Mechanik des Schultergelenks und die daraus resultierenden…

Bewegung der Schulter entsteht durch eine Kombination von Bewegung im Gelenk zwischen Oberarmkopf und Schulterpfanne und eine Verschiebung des Schulterblattes auf den Brustkorb.
Befindet sich der Arm unterhalb einer seitlichen Anhebung von 30 Grad, kommt die Bewegung fast ausschließlich aus dem Oberarmkopf/Schulterpfannengelenk. Oberhalb dieser Stellung addiert sich zur Bewegung im Oberarm/Schulterpfannengelenk die Bewegung des Schulterblattes auf dem Brustkorb etwa im Verhältnis 2:1. Hiermit verbunden sind Bewegungen im Gelenk zwischen Schulterblatt und Schlüsselbein als auch im Gelenk zwischen Schlüsselbein und Brustbein.

In der Gebrauchsstellung des Armes werden die Hände im Gesichtsfeld vor dem Körper gehalten. Da das Gewicht des Armes etwa 1/20 des Körpergewichts beträgt, kommt es in dieser Stellung zu erheblicher Krafteinwirkung auf den Oberarmkopf. Bei Anheben des Armes entsteht eine Kraftkomponente, die den Oberarmkopf höher treten lässt. Durch Anspannung der Rotatorenmanschette und der langen Bizepssehne wird nun eine Gegenkraft erzeugt, die verhindert, dass der Oberarmkopf gegen das knöcherne Schulterdach stößt. Die Aufgabe der Rotatorenmanschette und der langen Bizepssehne ist es also, den Oberarmkopf in der Schultergelenkspfanne zu zentrieren.

…mögliche Schädigungen

Störungen im oben beschriebenen relativ empfindlichen Mechanismus sind häufig. Sie kommen insbesondere bei Menschen vor, die viel mit erhobenen Armen tätig sind oder Überkopfsportarten ausüben und so die Muskelbalance im Schultergelenk überfordern.

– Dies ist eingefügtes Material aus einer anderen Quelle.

-- ===== src/Tests/JournalExamples.antt =====
-- The theorems on the journal at one delivery that is injected and acknowledged.
use yatagarasu.Prelude.{
  String, ◌<>◌, Bool, ◌&&◌, none, some, [], ◌∷◌, ◌++◌, find, any, count, string_eq, ◌≡◌, ◌⊎◌, refl,
}
use yatagarasu.Cmux.Journal.{
  injected, acked, state_text, JournalRow, Journal, row_of, journal_error, get, prepared_row,
  prepare, settle, needs_reconciliation, unsettled,
}
use yatagarasu.Cmux.Journal.Crashes.{IsOrdered, unsettled-exact}
use yatagarasu.Cmux.Journal.History.{
  History, start, next, preparing, settling, Later, History-Later, History-terminal,
}
use yatagarasu.Cmux.Journal.Lifecycle.{Refused, Settled, settle-cases}
use yatagarasu.Cmux.Journal.Preparing.{prepare-cases}

abbrev intent : JournalRow
intent = prepared_row "delivery-1" "binding-1" "seat-1" "marker-1" 7

abbrev prepared_once : Journal
prepared_once = intent ∷ []

abbrev injected_row : JournalRow
injected_row = record intent {
  state = injected;
  settled_at = some 8;
  source_events = "surface.input_sent" ∷ [];
}

abbrev acked_row : JournalRow
acked_row = record injected_row { state = acked; settled_at = some 9 }

abbrev calls : Journal → Journal
calls journal =
    let once = (settle "delivery-1" acked 9 ("surface.input_sent" ∷ []) "" journal).1 in
    (prepare "delivery-2" "binding-1" "seat-1" "marker-2" 10 once).1

past : (journal : Journal) → History journal (calls journal)
past journal =
    next (next start (settling "delivery-1" acked 9 ("surface.input_sent" ∷ []) ""))
      (preparing "delivery-2" "binding-1" "seat-1" "marker-2" 10)

found_injected : get "delivery-1" (injected_row ∷ []) ≡ some injected_row
unfolding get find string_eq
found_injected = refl

found_acked : get "delivery-1" (acked_row ∷ []) ≡ some acked_row
unfolding get find string_eq
found_acked = refl

History-Later_example :
    (row : JournalRow) × (get "delivery-1" (calls (injected_row ∷ [])) ≡ some row)
    × Later injected_row row
History-Later_example =
    History-Later (past (injected_row ∷ [])) "delivery-1" injected_row found_injected

History-terminal_example :
    (row : JournalRow) × (get "delivery-1" (calls (acked_row ∷ [])) ≡ some row)
    × (row.state ≡ acked)
unfolding any
History-terminal_example =
    History-terminal (past (acked_row ∷ [])) "delivery-1" acked_row found_acked refl

settle-cases_example :
    ((message : String) × (settle "delivery-1" injected 8 [] "" prepared_once
        ≡ (journal_error message, prepared_once))
      × Refused "delivery-1" injected 8 [] "" prepared_once)
    ⊎ Settled "delivery-1" injected 8 [] "" prepared_once
        (settle "delivery-1" injected 8 [] "" prepared_once).0
        (settle "delivery-1" injected 8 [] "" prepared_once).1
settle-cases_example = settle-cases "delivery-1" injected 8 [] "" prepared_once

prepare-cases_example :
    ((get "delivery-1" prepared_once ≡ none)
      × (prepare "delivery-1" "binding-1" "seat-1" "marker-1" 7 prepared_once
          ≡ (row_of intent, prepared_once ++ intent ∷ [])))
    ⊎ ((row : JournalRow) × (get "delivery-1" prepared_once ≡ some row)
        × (prepare "delivery-1" "binding-1" "seat-1" "marker-1" 7 prepared_once ≡ (
          journal_error (
              "delivery "
              <> "delivery-1"
              <> " already journaled in state "
              <> state_text row.state),
          prepared_once,
        )))
prepare-cases_example = prepare-cases "delivery-1" "binding-1" "seat-1" "marker-1" 7 prepared_once

unsettled-exact_example :
    IsOrdered (unsettled (acked_row ∷ intent ∷ []))
    × ((p : JournalRow → Bool)
        → count p (unsettled (acked_row ∷ intent ∷ []))
          ≡ count (λ row. needs_reconciliation row && p row) (acked_row ∷ intent ∷ []))
unsettled-exact_example = unsettled-exact (acked_row ∷ intent ∷ [])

Es kommt zu einer schmerzhaften Funktionsstörung der Muskeln der Rotatorenmanschette, die den Oberarmkopf nicht mehr ausreichend in der Pfanne stabilisieren können. Das Anschlagen des Oberarmkopfes am Unterrand des Schulterdachs wird im Englischen als „Impingement“ (Engpass-Syndrom) bezeichnet. Die gegen das Schulterdach gerichtete Kraft kann dabei fast die Hälfte des Körpergewichtes erreichen. Solange das Impingement auf einer Störung der Funktion ohne strukturelle Schäden beruht, spricht man von einem sog. funktionellen Impingement.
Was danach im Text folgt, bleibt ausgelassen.